> **What you have to do**:
Scan the records for the string "true" and copy every line that holds it.

Collected data
****************

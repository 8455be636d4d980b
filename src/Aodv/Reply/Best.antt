-- ===== src/Aodv/Reply/Best.antt =====
-- IsBetterRreqCandidate as an order.
use aqua_sim_ng.Aodv.Reply.{is_better_rreq_candidate}
use aqua_sim_ng.Aodv.SeqNo.{is_seq_no_newer}
use aqua_sim_ng.Aodv.State.{RreqCandidate}
use aqua_sim_ng.Prelude.{
  Bool, arith, false, if◌then◌else◌, inl, inr, ltb, not, sym, true, ℕ, ◌%◌, ◌+◌, ◌<◌, ◌==◌, ◌^◌,
  ◌∙◌, ◌≡◌, ◌≤◌, ◌⊎◌,
}

-- A candidate whose origin's number is at most half a circle past `base`.
abbrev pub IsNear : ℕ → RreqCandidate → Type 0
IsNear base c = (k : ℕ) × (k < 2 ^ 31) × (c.origin_seq_no ≡ (base + k) % 2 ^ 32)

near_newer :
    (base i j : ℕ)
    → i < 2 ^ 31
    → j < 2 ^ 31
    → is_seq_no_newer ((base + i) % 2 ^ 32) ((base + j) % 2 ^ 32) ≡ ltb j i
unfolding is_seq_no_newer
near_newer base i j hi hj = ground arith

near_same :
    (base i j : ℕ)
    → i < 2 ^ 31
    → j < 2 ^ 31
    → ((base + i) % 2 ^ 32 == (base + j) % 2 ^ 32) ≡ (i == j)
near_same base i j hi hj = ground arith

-- The order by the number past the base, then the hops, then the time.
abbrev is_better_at : ℕ → ℕ → RreqCandidate → RreqCandidate → Bool
is_better_at i j a b =
    if ltb j i
    then true
    else if not (i == j)
    then false
    else if ltb a.hop_count b.hop_count
    then true
    else if ltb b.hop_count a.hop_count
    then false
    else ltb a.receive_time b.receive_time

near_better :
    (base i j : ℕ) (a b : RreqCandidate)
    → i < 2 ^ 31
    → j < 2 ^ 31
    → a.origin_seq_no ≡ (base + i) % 2 ^ 32
    → b.origin_seq_no ≡ (base + j) % 2 ^ 32
    → is_better_rreq_candidate a b ≡ is_better_at i j a b
unfolding is_better_rreq_candidate
near_better base i j a b hi hj ea eb =
    rw (is_better_rreq_candidate, ea, eb, near_newer base i j hi hj, near_same base i j hi hj)
      (ground arith)

-- Among near candidates, what a candidate does not beat, a better one's loser does not beat.
pub is_better_trans :
    (base : ℕ) (a b c : RreqCandidate)
    → IsNear base a
    → IsNear base b
    → IsNear base c
    → is_better_rreq_candidate a b ≡ false
    → is_better_rreq_candidate c b ≡ true
    → is_better_rreq_candidate a c ≡ false
is_better_trans base a b c (i, hi, ea) (j, hj, eb) (k, hk, ec) h g = ground (
  arith,
  near_better base i j a b hi hj ea eb,
  near_better base k j c b hk hj ec eb,
  near_better base i k a c hi hk ea ec,
)

-- At least as good: a newer number of the origin, or the same and fewer hops, or as many and no
-- later.
abbrev pub IsAsGood : RreqCandidate → RreqCandidate → Type 0
IsAsGood a b =
    (is_seq_no_newer a.origin_seq_no b.origin_seq_no ≡ true)
    ⊎ ((a.origin_seq_no ≡ b.origin_seq_no)
        × ((a.hop_count < b.hop_count)
            ⊎ ((a.hop_count ≡ b.hop_count) × (a.receive_time ≤ b.receive_time))))

near_as_good :
    (i j : ℕ) (a b : RreqCandidate)
    → is_better_at j i b a ≡ false
    → (j < i)
      ⊎ ((i ≡ j)
          × ((a.hop_count < b.hop_count)
              ⊎ ((a.hop_count ≡ b.hop_count) × (a.receive_time ≤ b.receive_time))))
near_as_good i j a b h = ground arith

-- What a near candidate does not beat is at least as good.
pub unbeaten-IsAsGood :
    (base : ℕ) (a b : RreqCandidate)
    → IsNear base a
    → IsNear base b
    → is_better_rreq_candidate b a ≡ false
    → IsAsGood a b
unbeaten-IsAsGood base a b (i, hi, ea) (j, hj, eb) h =
    elim (near_as_good i j a b (sym (near_better base j i b a hj hi eb ea) ∙ h)) [
      | inl newer ↦ inl (rw (ea, eb, near_newer base i j hi hj) (ground arith))
      | inr (same, rest) ↦ inr (ea ∙ rw same (sym eb), rest)
    ]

****************

> **Problem solution**:
  Bool, arith, false, if◌then◌else◌, inl, inr, ltb, not, sym, true, ℕ, ◌%◌, ◌+◌, ◌<◌, ◌==◌, ◌^◌,
    then true
    then true
    → is_better_rreq_candidate c b ≡ true
    (is_seq_no_newer a.origin_seq_no b.origin_seq_no ≡ true)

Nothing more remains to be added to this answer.